As described above, according to the present invention, it is possible to judge whether or not the motion vector of the image is caused by the camera shake, and surely perform the camera shake correction, and in a handy type video camera or the like. High-performance image stabilization can be enabled.

[Brief description of drawings]

FIG. 1 is a block diagram showing a configuration of an image shake correction apparatus according to the present invention.

FIG. 2 is a diagram showing a state of block division of a screen in a motion vector detection unit of the image stabilization apparatus.

FIG. 3 is a diagram showing a structure of one block of the screen divided into blocks.

FIG. 4 is a diagram showing a state of macroblocks obtained by dividing one screen into nine parts.

FIG. 5 is a block diagram showing a configuration of a correction unit of the image stabilization apparatus.

FIG. 6 is a diagram for explaining a problem of the conventional camera shake correction device.

[Explanation of symbols]

 10 --- Motion vector detection unit 20 --- Vector memory 30 --- Determination unit 40 --- Correction signal Generation unit 50 ・ ・ ・ ・ ・ ・ Correction unit

 ─────────────────────────────────────────────────── ─── Continuation of the front page (72) Inventor Tsukasa Hashino 6-735 Kita-Shinagawa, Shinagawa-ku, Tokyo Sony Corporation

Claims (1)

[Claims] 1. Image data of a representative point pixel for each block obtained by dividing an image of one field composed of an input video signal into a plurality of pieces is stored in a memory for one field period, and image data of each pixel of a block of the current field is stored. And a motion vector detection unit that detects a motion vector of the image based on the absolute value of the difference between the image data of the representative point pixel of the block of the previous field read from the memory, and the motion vector detected by the motion vector detection unit.

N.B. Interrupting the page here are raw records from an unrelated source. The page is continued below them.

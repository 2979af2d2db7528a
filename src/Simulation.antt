-- ===== src/Simulation.antt =====
-- The recorded demo and its controls (frontend/src/simulation).
pub mod Manifest
pub mod Frames
pub mod ChunkCache
pub mod Playback
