-- ===== src/Simulation/ChunkCache.antt =====
-- frontend/src/simulation/demoPlayback.ts, lines 45 to 77: the cache of `createChunkLoader`, with the
-- size of each compressed chunk in place of its bytes. The download, the compression of a body that
-- the browser has decompressed and the parsing are the browser's.
pub mod Entries
pub mod Laws
use sih.Prelude.{
  ℕ, ◌+◌, ◌-◌, ◌*◌, Bool, not, String, List, [], ◌∷◌, ◌++◌, Option, none, some, if◌then◌else◌, leb,
  ltb, ◌===◌, filter, find, any,
}

abbrev pub max_bytes : ℕ
max_bytes = 20 * 1024 * 1024

-- A key of the `Map`, with the `byteLength` of its value.
pub record Entry : Type 0 where
  pub url : String
  pub byte_length : ℕ

-- The map's entries, the oldest first, and the variable `bytes`.
pub record ChunkCache : Type 0 where
  pub entries : List Entry
  pub bytes : ℕ

unfoldable pub empty_cache : ChunkCache
empty_cache = record { entries = []; bytes = 0 }

-- `cache.has(url)`
unfoldable pub is_cached : String → List Entry → Bool
unfolding any
is_cached url entries = any (λ e. e.url === url) entries

-- `cache.delete(url)`
unfoldable pub delete : String → List Entry → List Entry
unfolding filter
delete url entries = filter (λ e. not (e.url === url)) entries

-- `cache.set(url, chunk)`: a key that is there keeps its place.
unfoldable pub set : Entry → List Entry → List Entry
set e [] = e ∷ []
set e (d ∷ ds) = if d.url === e.url then e ∷ ds else d ∷ set e ds

-- The loop of lines 60 to 64, for a chunk of `size` bytes. With no entry left `cache.get(oldest)!`
-- is undefined and its `byteLength` throws: `none`.
unfoldable pub evict : ℕ → List Entry → ℕ → Option ChunkCache
evict size [] bytes' =
    if ltb max_bytes (bytes' + size) then none else some (record { entries = []; bytes = bytes' })
evict size (e ∷ es) bytes' =
    let rest = evict size es (bytes' - e.byte_length) in
    if ltb max_bytes (bytes' + size)
    then rest
    else some (record { entries = e ∷ es; bytes = bytes' })

-- Lines 59 to 67, after a download.
unfoldable pub store : Entry → ChunkCache → Option ChunkCache
unfolding evict set
store e cache =
    if leb e.byte_length max_bytes
    then elim (evict e.byte_length cache.entries cache.bytes) [
      | none ↦ none
      | some room ↦
          some (record { entries = set e room.entries; bytes = room.bytes + e.byte_length })
    ]
    else some cache

-- Lines 69 and 70, for a chunk that is there: it becomes the newest.
unfoldable pub refresh : Entry → ChunkCache → ChunkCache
unfolding delete set
refresh e cache = record cache { entries = set e (delete e.url cache.entries) }

-- A call of the loader that runs to its end before the next: `downloaded` is the size of the chunk
-- that a download would give.
unfoldable pub load : String → ℕ → ChunkCache → Option ChunkCache
unfolding find store refresh
load url' downloaded cache = elim (find (λ e. e.url === url') cache.entries) [
  | none ↦ store (record { url = url'; byte_length = downloaded }) cache
  | some e ↦ some (refresh e cache)
]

Based on the history of the motion vector stored in the vector memory, and whether or not the motion vector of the image detected by the motion vector detection unit is caused by camera shake. Judgment unit to judge and motion vector judged to be caused by camera shake by the judgment unit A correction signal generator that generates a camera shake correction signal having a correction amount according to the image stabilization amount, and a camera shake correction signal that is supplied from the correction signal generator. Image stabilization device featuring images.